If you like upsets, the past three years have been fun, as 10 double-digit seeds have reached the Sweet 16 (three in 2010, four in 2011, three in 2012). There has been at least one double-digit seed to survive the first weekend in 26 of the 28 years since the field expanded to 64, and at least two double-digit seeds have done so in 13 of the past 16 years.
As mentioned above, it's not just the automatic qualifiers doing the damage here, either. In the past two years alone, five at-large teams seeded 10th or worse advanced to the Sweet 16. That's as many at-large double-digit seeds as did so the previous seven years combined (2004 to 2010).
17. Lowest-seeded Final Four teams
The lowest seed to reach the Final Four is a No. 11, done three times (LSU in 1986, George Mason in 2006 and VCU in 2011). They are the only teams seeded lower than eighth to do so.
18. Lower seeds holding their own
Not counting the First Four games, 12- and 13-seeds have combined to win 21 games in the past five years (six in 2008, five in 2009, three in 2010, three in 2011, four in 2012).
19. Obligatory note about the danger 12-seeds pose
It's one of the first things that comes to mind upon first glance at the bracket: Which 12-seed is going to beat a 5-seed in the round of 64? There's a good reason for that. Excluding the First Four games, 12-seeds have won at least one game in 22 of the past 24 years (no wins in 2000 or 2007), and at least two games in 11 of the past 12 years.
20. If you're looking for a Sweet 16 sleeper, go with a 12-seed
Since 1985, in only three years have No. 12 seeds failed to win a round-of-64 game (1988, 2000, 2007). Going a step further, No. 12s have reached the Sweet 16s as many times as 7-seeds (19), more often than 11-seeds (15), more often than 8- and 9-seeds combined (14) and just two fewer times than No. 10s have (21).
21. Stop at one, though!
Don't get overzealous, expecting multiple 12s to get to the Sweet 16. Even with the relative success No. 12 seeds have had, only once have two 12s reached the Sweet 16 in the same year (2008).
22. No. 12s not worthy of 'Elite' status
No. 12 seeds are 1-18 in Sweet 16 games, with Missouri in 2002 the only one to go any further. That year, the Tigers lost in the Elite Eight to second-seeded Oklahoma.
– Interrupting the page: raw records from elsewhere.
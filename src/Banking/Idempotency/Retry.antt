-- ===== src/Banking/Idempotency/Retry.antt =====
-- A key that is taken: the retry of a request that succeeded, and another request under its key.
use mathlib.Core.Bool.{false≢true}
use monierave.Base.{
  bytes_equal, bytes_equal_self, ℕ, ◌≡◌, refl, true, false, not, some, inl, inr, leb, ◌+◌, ◌<◌,
  find_first, select, sym, ◌∙◌, ap, subst, some_eq, none_ne_some, true_of_not, ◌⊎◌, arith, List,
  ◌∷◌, [], Bool-cases,
}
use monierave.Models.{
  Fault, db_fault, Uuid, TransferTxResult, IdempotencyKey, Error, idempotency_conflict, joined,
}
use monierave.Models.Tables.{Db}
use monierave.Store.{World, ok, Tx, fail_if, ◌>>◌}
use monierave.Store.Rules.{Post, Runs, pure_rule, then_rule, catch_rule, weaken, fail_if_rule}
use monierave.Store.Atomic.{
  TxError, TxError-unchanged, exec_tx_rule, Infrastructure, of_fault, of_join,
  TxError-Infrastructure, Rejection, the_cause, beside, outside, TxError-Rejection,
}
use monierave.Queries.Idempotency.{
  KeyName, names, key_by_name, live_keys, with_keys, key_lifetime, outdated,
  delete_expired_idempotency_key_rule, get_idempotency_key_for_update_rule,
}
use monierave.Books.Invariant.{IsConsistent}
use monierave.Banking.Audit.{audit_correlation_rule}
use monierave.Banking.Transfer.Outcome.{
  SameMoney, SameMoney-of_eq, Reported, as_it_is, beside_record, audit_transfer_failure-Reported,
}
use monierave.Banking.Idempotency.{
  IdempotentTransferTxParams, key_name, invalid_key, transfer_under_key, replay, replayed_result,
  idempotent_transfer_with_queries, idempotent_transfer_tx,
}
use monierave.Banking.Idempotency.Outcome.{Replays, Stores, idempotent_transfer_tx-outcome}
use monierave.Banking.Idempotency.Rules.{reserve_key_rule}

-- The key of a request is taken by a row that has not expired.
pub record Taken (p : IdempotentTransferTxParams) (d : Db) (k : IdempotencyKey) : Type 0 where
  pub valid : invalid_key p ≡ false
  pub found : key_by_name (key_name p) d.idempotency_keys ≡ some k
  pub row_live : leb k.expires_at d.clock ≡ false

-- Every row of the name that is found first is the live one, so the sweep leaves it.
module _ (n : KeyName) (now : ℕ) where
  select-live :
      (rows : List IdempotencyKey) (k : IdempotencyKey)
      → find_first (names n) rows ≡ some k
      → leb k.expires_at now ≡ false
      → find_first (names n) (select (λ x. not (outdated n now x)) rows) ≡ some k
  unfolding find_first select
  select-live [] k e h = e
  select-live (x ∷ rows) k e h = elim (Bool-cases (names n x)) [
    | inl hit ↦
        let same : x ≡ k = some_eq (rw hit at e) in
        let live : leb x.expires_at now ≡ false =
          subst (λ (y : IdempotencyKey). leb y.expires_at now ≡ false) (sym same) h in
        rw (hit, live, hit) (ap some same)
    | inr miss ↦ rw (miss, miss) (select-live rows k (rw miss at e) h)
  ]

module _ (p : IdempotentTransferTxParams) (d : Db) (k : IdempotencyKey) (t : Taken p d k) where
  sweep_keeps : key_by_name (key_name p) (live_keys (key_name p) d) ≡ some k
  sweep_keeps = select-live (key_name p) d.clock d.idempotency_keys k t.found t.row_live

  module _ (E : Error → Type 0) (Q : TransferTxResult → Db → Type 0)
      (fault : (f : Fault) → E (db_fault f))
      (replays : Runs (λ e _. E e) Q (replay p) (with_keys d (live_keys (key_name p) d))) where
    taken-replays :
        (correlation : Uuid)
        → Runs (λ e _. E e) Q (idempotent_transfer_with_queries p correlation) d
    unfolding idempotent_transfer_with_queries transfer_under_key
    taken-replays correlation = then_rule (
        delete_expired_idempotency_key_rule (λ f _. fault f) _
          (then_rule (
            reserve_key_rule (λ f _. fault f) p (λ _ _. replays)
              (λ free. absurd (none_ne_some (sym free ∙ sweep_keeps))))))

    taken-outcome :
        ((e x : Error) → E e → E (joined e x))
        → ((e : Error) (d' : Db) → TxError (λ y _. E y) d e d' → E e)
        → Runs (λ e d'. E e × SameMoney d d') Q (idempotent_transfer_tx p) d
    unfolding idempotent_transfer_tx
    taken-outcome join unwrap = then_rule (
        fail_if_rule _ (λ bad. absurd (false≢true (sym t.valid ∙ bad)))
          λ _. then_rule (
            audit_correlation_rule p.transfer.correlation_id λ correlation.
              catch_rule (exec_tx_rule (taken-replays correlation)) λ e d' h.
                weaken (audit_transfer_failure-Reported p.transfer correlation e d') (λ r d'' q. q)
                  (λ x d'' (s, rep).
                    (reported e x rep (unwrap e d' h), SameMoney-of_eq (TxError-unchanged h) s))))
      where
        reported : (e x : Error) → Reported e x → E e → E x
        reported e x as_it_is h = h
        reported e x (beside_record y) h = join e y h

-- What a replay makes of the row that it reads.
abbrev judged : IdempotentTransferTxParams → IdempotencyKey → Tx TransferTxResult
judged p k =
    fail_if (not (bytes_equal k.request_hash p.request_hash)) idempotency_conflict
    >> replayed_result k

module _ {E : Error → Type 0} {Q : TransferTxResult → Db → Type 0}
    (fault : (f : Fault) → E (db_fault f)) (p : IdempotentTransferTxParams) (d : Db)
    (k : IdempotencyKey) where
  replay_rule :
      key_by_name (key_name p) d.idempotency_keys ≡ some k
      → Runs (λ e _. E e) Q (judged p k) d
      → Runs (λ e _. E e) Q (replay p) d
  unfolding replay
  replay_rule found h = then_rule (
      get_idempotency_key_for_update_rule (λ f _. fault f) _
        (λ missing. absurd (none_ne_some (sym missing ∙ found)))
        λ x there. subst (λ y. Runs (λ e _. E e) Q (judged p y) d) (some_eq (sym found ∙ there)) h)

  judged-conflict :
      bytes_equal k.request_hash p.request_hash ≡ false
      → E idempotency_conflict
      → Runs (λ e _. E e) Q (judged p k) d
  judged-conflict other h =
      then_rule (fail_if_rule _ (λ _. h) λ same. absurd (false≢true (sym other ∙ true_of_not same)))

  judged-stored :
      (u : Uuid) (r : TransferTxResult)
      → k.request_hash ≡ p.request_hash
      → k.transaction_id ≡ some u
      → k.result_snapshot ≡ some r
      → Q (record r { replayed = true }) d
      → Runs (λ e _. E e) Q (judged p k) d
  unfolding replayed_result
  judged-stored u r hash done snapshot h = then_rule (
      fail_if_rule _
        (λ differs. absurd (false≢true (rw (hash, bytes_equal_self p.request_hash) at differs)))
        λ _. rw (done, snapshot) (pure_rule _ h))

-- A request whose key stores the result of the same request gets that result, marked as replayed,
-- and the books stay as they are; no error but one of the infrastructure can come back.
pub idempotent_transfer_tx-replay :
    (p : IdempotentTransferTxParams) (d : Db) (k : IdempotencyKey) (u : Uuid) (r : TransferTxResult)
    → Taken p d k
    → k.request_hash ≡ p.request_hash
    → k.transaction_id ≡ some u
    → k.result_snapshot ≡ some r
    → Runs
        (λ e d'. Infrastructure e × SameMoney d d')
        (λ r' d'. (r' ≡ record r { replayed = true }) × (d'.books ≡ d.books))
        (idempotent_transfer_tx p)
        d
idempotent_transfer_tx-replay p d k u r t hash done snapshot =
    taken-outcome p d k t Infrastructure _ of_fault
      (replay_rule of_fault p _ k (sweep_keeps p d k t)
        (judged-stored of_fault p _ k u r hash done snapshot (refl, refl)))
      (λ e x h. of_join e x h) (λ e d' h. TxError-Infrastructure h)

-- A request whose key is taken by another request never succeeds: it ends in the conflict, or in an
-- error of the infrastructure, and no account, ledger row, user or idempotency key differs.
pub idempotent_transfer_tx-conflict :
    (p : IdempotentTransferTxParams) (d : Db) (k : IdempotencyKey)
    → Taken p d k
    → bytes_equal k.request_hash p.request_hash ≡ false
    → Runs
        (λ e d'. Rejection idempotency_conflict e × SameMoney d d')
        (λ _ _. ⊥)
        (idempotent_transfer_tx p)
        d
idempotent_transfer_tx-conflict p d k t other =
    taken-outcome p d k t (Rejection idempotency_conflict) _ (λ f. outside _ (of_fault f))
      (replay_rule (λ f. outside _ (of_fault f)) p _ k (sweep_keeps p d k t)
        (judged-conflict (λ f. outside _ (of_fault f)) p _ k other the_cause))
      (λ e x h. beside e x h) (λ e d' h. TxError-Rejection h)

not_replayed :
    (p : IdempotentTransferTxParams) (d : Db) (r : TransferTxResult) (d' : Db)
    → r.replayed ≡ false
    → Replays p d r d' ⊎ Stores p d r d'
    → Stores p d r d'
not_replayed p d r d' fresh (inl h) =
    absurd (false≢true (sym fresh ∙ ap (λ (x : TransferTxResult). x.replayed) h.result))
not_replayed p d r d' fresh (inr h) = h

later_than : (expiry now : ℕ) → now < expiry → leb expiry now ≡ false
later_than expiry now h = ground arith

-- Where a value came back, the rule's claim on values holds.
at_ok :
    {A : Type 0} {E : Error → Db → Type 0} {Q : A → Db → Type 0} {m : Tx A} (w w' : World) (r : A)
    → Runs E Q m w.db
    → m w ≡ (ok r, w')
    → Q r w'.db
at_ok {E} {Q} w w' r h e = subst (λ x. Post E Q x) e (h.at w)

-- Once a request has made its transfer in consistent books, the same request within 24 hours, in any
-- database that still has those keys, returns the same result, marked as replayed, and moves no
-- money; no error but one of the infrastructure can come back.
pub idempotent_transfer_tx-retry :
    (p : IdempotentTransferTxParams) (w w' : World) (r : TransferTxResult) (later : Db)
    → IsConsistent w.db.books
    → idempotent_transfer_tx p w ≡ (ok r, w')
    → r.replayed ≡ false
    → later.idempotency_keys ≡ w'.db.idempotency_keys
    → later.clock < w.db.clock + key_lifetime
    → Runs
        (λ e x. Infrastructure e × SameMoney later x)
        (λ r' x. (r' ≡ record r { replayed = true }) × (x.books ≡ later.books))
        (idempotent_transfer_tx p)
        later
idempotent_transfer_tx-retry p w w' r later c run fresh keys clock =
    let (valid, h, _) = at_ok w w' r (idempotent_transfer_tx-outcome p w.db c) run in
    let s = not_replayed p w.db r w'.db fresh h in
    idempotent_transfer_tx-replay p later s.key r.transaction.id r
      (record {
        valid = valid;
        found = ap (key_by_name (key_name p)) keys ∙ s.kept;
        row_live =
            later_than s.key.expires_at later.clock
              (subst (λ x. later.clock < x) (sym s.expiry) clock);
      })
      s.hash s.transaction s.snapshot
23. Multiple 13s is ambitious
As mentioned earlier, a 13-seed beating a 4-seed is becoming a regular occurrence, but two 13-seeds winning in the same tournament? Not so much. Only three times have two No. 13s won a round of 64 game in the same year (1987, 2001, 2008).
24. Luck bound to run out for No. 13
Last year, Ohio became just the fifth No. 13 seed to reach the Sweet 16, joining Bradley (2006), Oklahoma (1999), Valparaiso (1998) and Richmond (1988). While the Bobcats gave North Carolina all it could handle in that Sweet 16 overtime tilt, we're still looking for our first 13-seed in the Elite Eight.
25. Can a 15-seed do it again?
One-third of the all-time wins by No. 15 seeds came in last year's tournament alone, when Norfolk State edged Missouri and Lehigh beat Duke on the same day. That makes six wins in 28 years for No. 15s, not a strong proposition. One interesting thing from this year's bracket, though, is that a 15-seed in this field (Florida Gulf Coast) actually defeated a No. 2 seed (Miami) earlier this season.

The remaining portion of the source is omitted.